Musica: Robert Schumann (1810 - 1856)
Testo: Justinus Kerner
  1. Lust der Sturmnacht - Kraftig leidenschaftlich (do minore)
  2. Stirb, Lieb' und Freud'! - Langsam (la bemolle maggiore)
  3. Wanderlust - Sehr lebhaft (si bemolle maggiore)
  4. Erstes Grün - Einfach (sol minore)
  5. Sehnsucht nach der Waldgegend - Innig, phantastisch (sol minore)
  6. Auf das Trinkglas eines verstorbenen Freundes - Ernst, ziemlich langsam (mi bemolle maggiore)
  7. Wanderung - Frisch, die Begleitung leicht und zart (si bemolle maggiore)
  8. Stille Liebe - Innig (mi bemolle maggiore)
  9. Frage - Langsam, innig (mi bemolle maggiore)
  10. Stille Tränen - Sehr langsam (do maggiore)
  11. Wer machte dich so krank? - Langsam, leise (la bemolle maggiore)
  12. Alte Laute - Noch langsamer und leiser (la bemolle maggiore)
Organico: voce, pianoforte
Composizione: 1840
Edizione: Klemm, Lipsia, 1841
Dedica: Friedrich Weber
Guida all'ascolto (nota 1)

Seppur non così importante come quella di Schubert, la produzione liederistica di Schumann illumina un tratto caratteristico della sua arte e rappresenta un punto di passaggio obbligato nell'evoluzione del genere. Da semplice quadretto descrittvo di forma rigorosamente strofica, espressione di una sensibilità popolare, più spesso popolareggiante, il Lied era stato elevato al rango di forma d'arte e immesso nella tradizione colta da Mozart e da Beethoven; fino a conoscere, con Schubert, sviluppi imprevedibili, e diventare il mezzo eletto per suscitare l'eco di risonanze profonde, interiori, trasfigurate in una unione ideale di poesia e musica: capace, dunque, come nel caso degli ultimi cicli schubertiani, di dare voce alle più intime e segrete introspezioni dell'anima.
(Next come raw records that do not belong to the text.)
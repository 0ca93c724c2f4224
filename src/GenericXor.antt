-- ===== src/GenericXor.antt =====
-- modules/shellcode-generic/sch_generic_xor.cpp and sch_generic_konstanz_xor.cpp: shellcode that is
-- encoded by an exclusive or is decoded. A message is the list of its bytes. What the patterns match
-- is found by pcre, a parameter; a `uint32_t` in memory is read as on x86, and an exclusive or of two
-- such words is that of their bytes.
pub mod Decoding
pub mod Messages
mod Tests
use Prim.Native.Nat.{bit_xor}
use nepenthes.Base.{
  ℕ, zero, suc, ◌+◌, ◌-◌, ◌*◌, ◌%◌, ◌^◌, ltb, if◌then◌else◌, Bool, true, false, List, [], ◌∷◌,
  length, take, replicate, Option, some, none, Outcome, done, fault, ◌>>=◌, memcpy,
}
use nepenthes.ShellcodeManager.{SchResult, sch_nothing, sch_reprocess}

-- The substrings of a match: what is before the decoder, the decoder, in it the size and the key, and
-- what is behind it.
pub record Match : Type 0 where
  pub preload : List ℕ
  pub xordecoder : List ℕ
  pub size : List ℕ
  pub key : List ℕ
  pub code : List ℕ

-- A context: what pcre_exec finds in a message, and the option XF_SIZE_INVERT.
pub record XorPcreContext : Type 0 where
  pub exec : List ℕ → Option Match
  pub size_invert : Bool

-- The number in one, two or four bytes; a size of another length stays 0.
pub code_size : Bool → List ℕ → ℕ
code_size true (a ∷ b ∷ c ∷ d ∷ []) = (2 ^ 32 - (a + b * 2 ^ 8 + c * 2 ^ 16 + d * 2 ^ 24)) % 2 ^ 32
code_size false (a ∷ b ∷ c ∷ d ∷ []) = a + b * 2 ^ 8 + c * 2 ^ 16 + d * 2 ^ 24
code_size invert (a ∷ b ∷ []) = a + b * 2 ^ 8
code_size true (a ∷ []) = 256 - a
code_size false (a ∷ []) = a
code_size invert size = 0

-- for( uint32_t j = 0; j < codesize && j < totalsize; j++ )
pub xor_bytes : ℕ → ℕ → List ℕ → List ℕ
xor_bytes zero key s = s
xor_bytes (suc n) key [] = []
xor_bytes (suc n) key (c ∷ s) = bit_xor c key ∷ xor_bytes n key s

-- for( uint32_t j = 0; j < codesize && (j+1)*4 < totalsize; j++ ), from the j-th word on
pub xor_words : ℕ → ℕ → ℕ → ℕ → ℕ → List ℕ → List ℕ
xor_words (suc n) a b c d (w ∷ x ∷ y ∷ z ∷ t ∷ s) =
    bit_xor w a ∷ bit_xor x b ∷ bit_xor y c ∷ bit_xor z d ∷ xor_words n a b c d (t ∷ s)
xor_words n a b c d s = s

-- The switch on the key's size.
pub decode : ℕ → List ℕ → List ℕ → List ℕ
decode size (k ∷ []) code = xor_bytes size k code
decode size (a ∷ b ∷ c ∷ d ∷ []) code = xor_words size a b c d code
decode size key code = code

-- The new message: no operations in place of the decoder, and the decoded code behind it.
pub new_shellcode : Match → ℕ → ℕ → Outcome (List ℕ)
new_shellcode m size len = do
  s ← memcpy (replicate len 0x90) 0 m.preload
  memcpy s (length m.preload + length m.xordecoder) (decode size m.key m.code)

-- The first context whose pattern matches.
pub handle_shellcode : List XorPcreContext → List ℕ → Outcome (SchResult × List ℕ)
handle_shellcode [] msg = done (sch_nothing, msg)
handle_shellcode (ctx ∷ ctxs) msg = elim (ctx.exec msg) [
  | none ↦ handle_shellcode ctxs msg
  | some m ↦ do
    s ← new_shellcode m (code_size ctx.size_invert m.size) (length msg)
    done (sch_reprocess, s)
]

-- for( uint32_t i = 0; i < payloadLen; i++ ) payload[i] ^= (i+1);
pub xor_counting : ℕ → List ℕ → List ℕ
xor_counting i [] = []
xor_counting i (c ∷ s) = bit_xor c ((i + 1) % 2 ^ 8) ∷ xor_counting (i + 1) s

-- The two bytes of the length, in 16 bits, and one more.
pub payload_len : List ℕ → Outcome ℕ
payload_len (a ∷ b ∷ rest) = done ((a + b * 2 ^ 8 + 1) % 2 ^ 16)
payload_len size = fault

-- What is made of a match: the length and the code behind it.
pub decode_konstanz : List ℕ → Option (List ℕ × List ℕ) → Outcome (SchResult × List ℕ)
decode_konstanz msg none = done (sch_nothing, msg)
decode_konstanz msg (some (size, code)) = do
  n ← payload_len size
  (if ltb (length code % 2 ^ 16) n
      then done (sch_nothing, msg)
      else done (sch_reprocess, xor_counting 0 (take n code)))

-- `exec` is pcre_exec with the decoder's pattern.
pub handle_konstanz : (List ℕ → Option (List ℕ × List ℕ)) → List ℕ → Outcome (SchResult × List ℕ)
handle_konstanz exec msg = decode_konstanz msg (exec msg)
Così facendo il Lied si aprì lo sbocco verso la piena inarrestabile del Romanticismo, che ne avrebbe rappresentato al massimo grado le esigenze accentuandone ancor più i toni soggettivi e quelli di una dolorosa, sovente tragica confessione lirica. Non meraviglia dunque che Schumann si accostasse al genere assai presto, con tutta l'ansia intrepida della sua gioventù e con il carico della sua accesa, trascinante fantasia: nessuno meglio di lui avrebbe potuto raccogliere l'eredità di Schubert e portare a maturazione il frutto prezioso, così rigogliosamente sbocciato. Non fu però così. Non almeno subito, in quel primo slancio tanto generoso quanto incontrollato.
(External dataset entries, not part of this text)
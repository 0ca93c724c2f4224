-- ===== src/GenericXor/Decoding.antt =====
-- Encoded shellcode is decoded: each decoder against a description of the encoder.
use Prim.Native.Nat.{bit_xor}
use nepenthes.Base.{
  ℕ, zero, suc, ◌-◌, ◌*◌, ◌^◌, ◌<◌, ◌≡◌, ◌∙◌, refl, sym, ap, ap₂, arith, List, [], ◌∷◌, ◌++◌,
  length, length-append, All,
}
use nepenthes.Base.Xor.{xor_twice}
use nepenthes.GenericXor.{xor_bytes, xor_words, decode}

abbrev pub IsByte : ℕ → Type 0
IsByte c = c < 2 ^ 8

-- Each byte changed by the key.
abbrev pub with_byte : ℕ → List ℕ → List ℕ
with_byte key [] = []
with_byte key (c ∷ s) = bit_xor c key ∷ with_byte key s

-- Each word changed by the key; there are only whole words.
abbrev pub with_word : ℕ → ℕ → ℕ → ℕ → List ℕ → List ℕ
with_word a b c d (w ∷ x ∷ y ∷ z ∷ s) =
    bit_xor w a ∷ bit_xor x b ∷ bit_xor y c ∷ bit_xor z d ∷ with_word a b c d s
with_word a b c d s = []

-- How the code of `size` units is made of the plain shellcode and of what stands behind it; behind
-- words there is at least a byte.
abbrev pub Encodes : List ℕ → ℕ → List ℕ → List ℕ → List ℕ → Type 0
Encodes (k ∷ []) size plain tail code =
    IsByte k × (length plain ≡ size) × (code ≡ with_byte k plain ++ tail)
Encodes (a ∷ b ∷ c ∷ d ∷ []) size plain tail code =
    (IsByte a × IsByte b × IsByte c × IsByte d)
    × (length plain ≡ 4 * size)
    × (0 < length tail)
    × (code ≡ with_word a b c d plain ++ tail)
Encodes key size plain tail code = ⊥

xor_bytes-with_byte :
    (k : ℕ) (plain tail : List ℕ)
    → IsByte k
    → All IsByte plain
    → xor_bytes (length plain) k (with_byte k plain ++ tail) ≡ plain ++ tail
unfolding xor_bytes
xor_bytes-with_byte k [] tail h bytes = refl
xor_bytes-with_byte k (c ∷ plain) tail h (b, bytes) =
    ap₂ ◌∷◌ (xor_twice c k b h) (xor_bytes-with_byte k plain tail h bytes)

xor_words_step :
    (a b c d n w x y z : ℕ) (s : List ℕ)
    → 0 < length s
    → xor_words (suc n) a b c d (w ∷ x ∷ y ∷ z ∷ s)
      ≡ bit_xor w a ∷ bit_xor x b ∷ bit_xor y c ∷ bit_xor z d ∷ xor_words n a b c d s
unfolding xor_words
xor_words_step a b c d n w x y z [] p = absurd (omega (arith, p))
xor_words_step a b c d n w x y z (t ∷ s) p = refl

xor_words_zero : (a b c d : ℕ) (s : List ℕ) → xor_words 0 a b c d s ≡ s
unfolding xor_words
xor_words_zero a b c d s = refl

same_word :
    (w w' x x' y y' z z' : ℕ) (s s' : List ℕ)
    → w ≡ w'
    → x ≡ x'
    → y ≡ y'
    → z ≡ z'
    → s ≡ s'
    → ◌≡◌ {A = List ℕ} (w ∷ x ∷ y ∷ z ∷ s) (w' ∷ x' ∷ y' ∷ z' ∷ s')
same_word w w' x x' y y' z z' s s' e f g h i = cc

xor_words-with_word :
    (a b c d n : ℕ) (plain tail : List ℕ)
    → IsByte a × IsByte b × IsByte c × IsByte d
    → All IsByte plain
    → length plain ≡ 4 * n
    → 0 < length tail
    → xor_words n a b c d (with_word a b c d plain ++ tail) ≡ plain ++ tail
xor_words-with_word a b c d zero [] tail h bytes e p = xor_words_zero a b c d tail
xor_words-with_word a b c d zero (w ∷ plain) tail h bytes e p = absurd (omega (arith, e))
xor_words-with_word a b c d (suc n) [] tail h bytes e p = absurd (omega (arith, e))
xor_words-with_word a b c d (suc n) (w ∷ []) tail h bytes e p = absurd (omega (arith, e))
xor_words-with_word a b c d (suc n) (w ∷ x ∷ []) tail h bytes e p = absurd (omega (arith, e))
xor_words-with_word a b c d (suc n) (w ∷ x ∷ y ∷ []) tail h bytes e p = absurd (omega (arith, e))
xor_words-with_word a b c d (suc n) (w ∷ x ∷ y ∷ z ∷ plain) tail (ha, hb, hc, hd)
      (bw, (bx, (by, (bz, bytes)))) e p =
    xor_words_step a b c d n (bit_xor w a) (bit_xor x b) (bit_xor y c) (bit_xor z d)
      (with_word a b c d plain ++ tail)
      (omega (arith, p, length-append (with_word a b c d plain) tail))
    ∙ same_word _ w _ x _ y _ z _ (plain ++ tail) (xor_twice w a bw ha) (xor_twice x b bx hb)
        (xor_twice y c by hc) (xor_twice z d bz hd)
        (xor_words-with_word a b c d n plain tail (ha, hb, hc, hd) bytes (omega (arith, e)) p)

pub decode-Encodes :
    (key : List ℕ) (size : ℕ) (plain tail code : List ℕ)
    → All IsByte plain
    → Encodes key size plain tail code
    → decode size key code ≡ plain ++ tail
unfolding decode
decode-Encodes [] size plain tail code bytes h = absurd h
decode-Encodes (k ∷ []) size plain tail code bytes (hk, e, same) =
    ap₂ (λ n s. xor_bytes n k s) (sym e) same ∙ xor_bytes-with_byte k plain tail hk bytes
decode-Encodes (a ∷ b ∷ []) size plain tail code bytes h = absurd h
decode-Encodes (a ∷ b ∷ c ∷ []) size plain tail code bytes h = absurd h
decode-Encodes (a ∷ b ∷ c ∷ d ∷ []) size plain tail code bytes (h, e, p, same) =
    ap (xor_words size a b c d) same ∙ xor_words-with_word a b c d size plain tail h bytes e p
decode-Encodes (a ∷ b ∷ c ∷ d ∷ x ∷ key) size plain tail code bytes h = absurd h

length-with_byte : (k : ℕ) (plain : List ℕ) → length (with_byte k plain) ≡ length plain
length-with_byte k [] = refl
length-with_byte k (c ∷ plain) = ap suc (length-with_byte k plain)

length-with_word :
    (a b c d n : ℕ) (plain : List ℕ)
    → length plain ≡ 4 * n
    → length (with_word a b c d plain) ≡ length plain
length-with_word a b c d n [] e = refl
length-with_word a b c d n (w ∷ []) e = absurd (omega (arith, e))
length-with_word a b c d n (w ∷ x ∷ []) e = absurd (omega (arith, e))
length-with_word a b c d n (w ∷ x ∷ y ∷ []) e = absurd (omega (arith, e))
length-with_word a b c d n (w ∷ x ∷ y ∷ z ∷ plain) e =
    ap (λ (i : ℕ). suc (suc (suc (suc i))))
      (length-with_word a b c d (n - 1) plain (omega (arith, e)))

pub length-Encodes :
    (key : List ℕ) (size : ℕ) (plain tail code : List ℕ)
    → Encodes key size plain tail code
    → length code ≡ length (plain ++ tail)
length-Encodes [] size plain tail code h = absurd h
length-Encodes (k ∷ []) size plain tail code (hk, e, same) = omega (
  arith,
  ap length same,
  length-append (with_byte k plain) tail,
  length-append plain tail,
  length-with_byte k plain,
)
length-Encodes (a ∷ b ∷ []) size plain tail code h = absurd h
length-Encodes (a ∷ b ∷ c ∷ []) size plain tail code h = absurd h
length-Encodes (a ∷ b ∷ c ∷ d ∷ []) size plain tail code (h, e, p, same) = omega (
  arith,
  ap length same,
  length-append (with_word a b c d plain) tail,
  length-append plain tail,
  length-with_word a b c d size plain e,
)
length-Encodes (a ∷ b ∷ c ∷ d ∷ x ∷ key) size plain tail code h = absurd h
Schumann compose i suoi primi Lieder nel 1827, l'anno della morte di Beethoven, e continuò a produrne, con maggiore frequenza, nel 1828, l'anno della morte di Schubert: dunque fra i diciassette e i diciotto anni. A diciassette anni, nel 1814, Schubert aveva composto quel Gretchen am Spinnard (Margherita all'arcolaio, da Goethe) che con la sua caratterizzazione psicologica e non soltanto musicale era destinato a segnare, oltre che la data di nascita del Lied moderno, una pietra miliare nella fusione di musica e parole. Al confronto, il primo degli undici Lieder op. 2 di Schumann (Sensucht, parola magica e intraducibile, caleidoscopio di suggestioni tipicamente romantiche: nostalgia, anelito, rimpianto...) è soltanto un promettente inizio, lontanissimo però dal mondo poetico e musicale schubertiano: acerbo e quasi velleitario. Lo stesso potremmo dire per il primo dei Lieder di Schumann su testo di Goethe, Der Fischer (Il pescatore), soprattutto se lo mettessimo accanto agli esordi di Schubert, per esempio a Erlkönig (Il re degli Elfi). Componendo i sui primi Lieder Schumann dovette accorgersi che la sua ambizione non veniva ancora sorretta dalla necessaria esperienza. Se Schubert era il Lied, imitarlo era impossibile, oltre che inopportuno. All'ombra incombente e minacciosa di Beethoven nelle grandi forme si sovrappose, nel caso specifico, quella del grande, semplice, metafisico Schubert. E Schumann, il quale neppure a diciott'anni era quell'entusiasta irriflessivo che appariva a molti, si comportò di conseguenza: tacque. Tacque e attese di raggiungere la certezza di sé, di quel che voleva e doveva essere. Scriverà retrospettivamente: «sviluppare me stesso, tutto come sono, questo era sin dalla giovinezza il mio desiderio e la mia intenzione. [...] Come possa salvare e conquistare me stesso è per me un bisogno indispensabile». La conseguenza fu che per dodici anni non compose più nemmeno un Lied, e si dedicò invece all'attività nella quale avrebbe potuto riconoscere e conquistare se stesso. Questo campo, un vero campo di battaglia, fu il pianoforte: dalla piccola forma del pezzo isolato al ciclo organico e unitario di più pezzi, dal semplice brano di carattere alla grande forma della Sonata pianistica.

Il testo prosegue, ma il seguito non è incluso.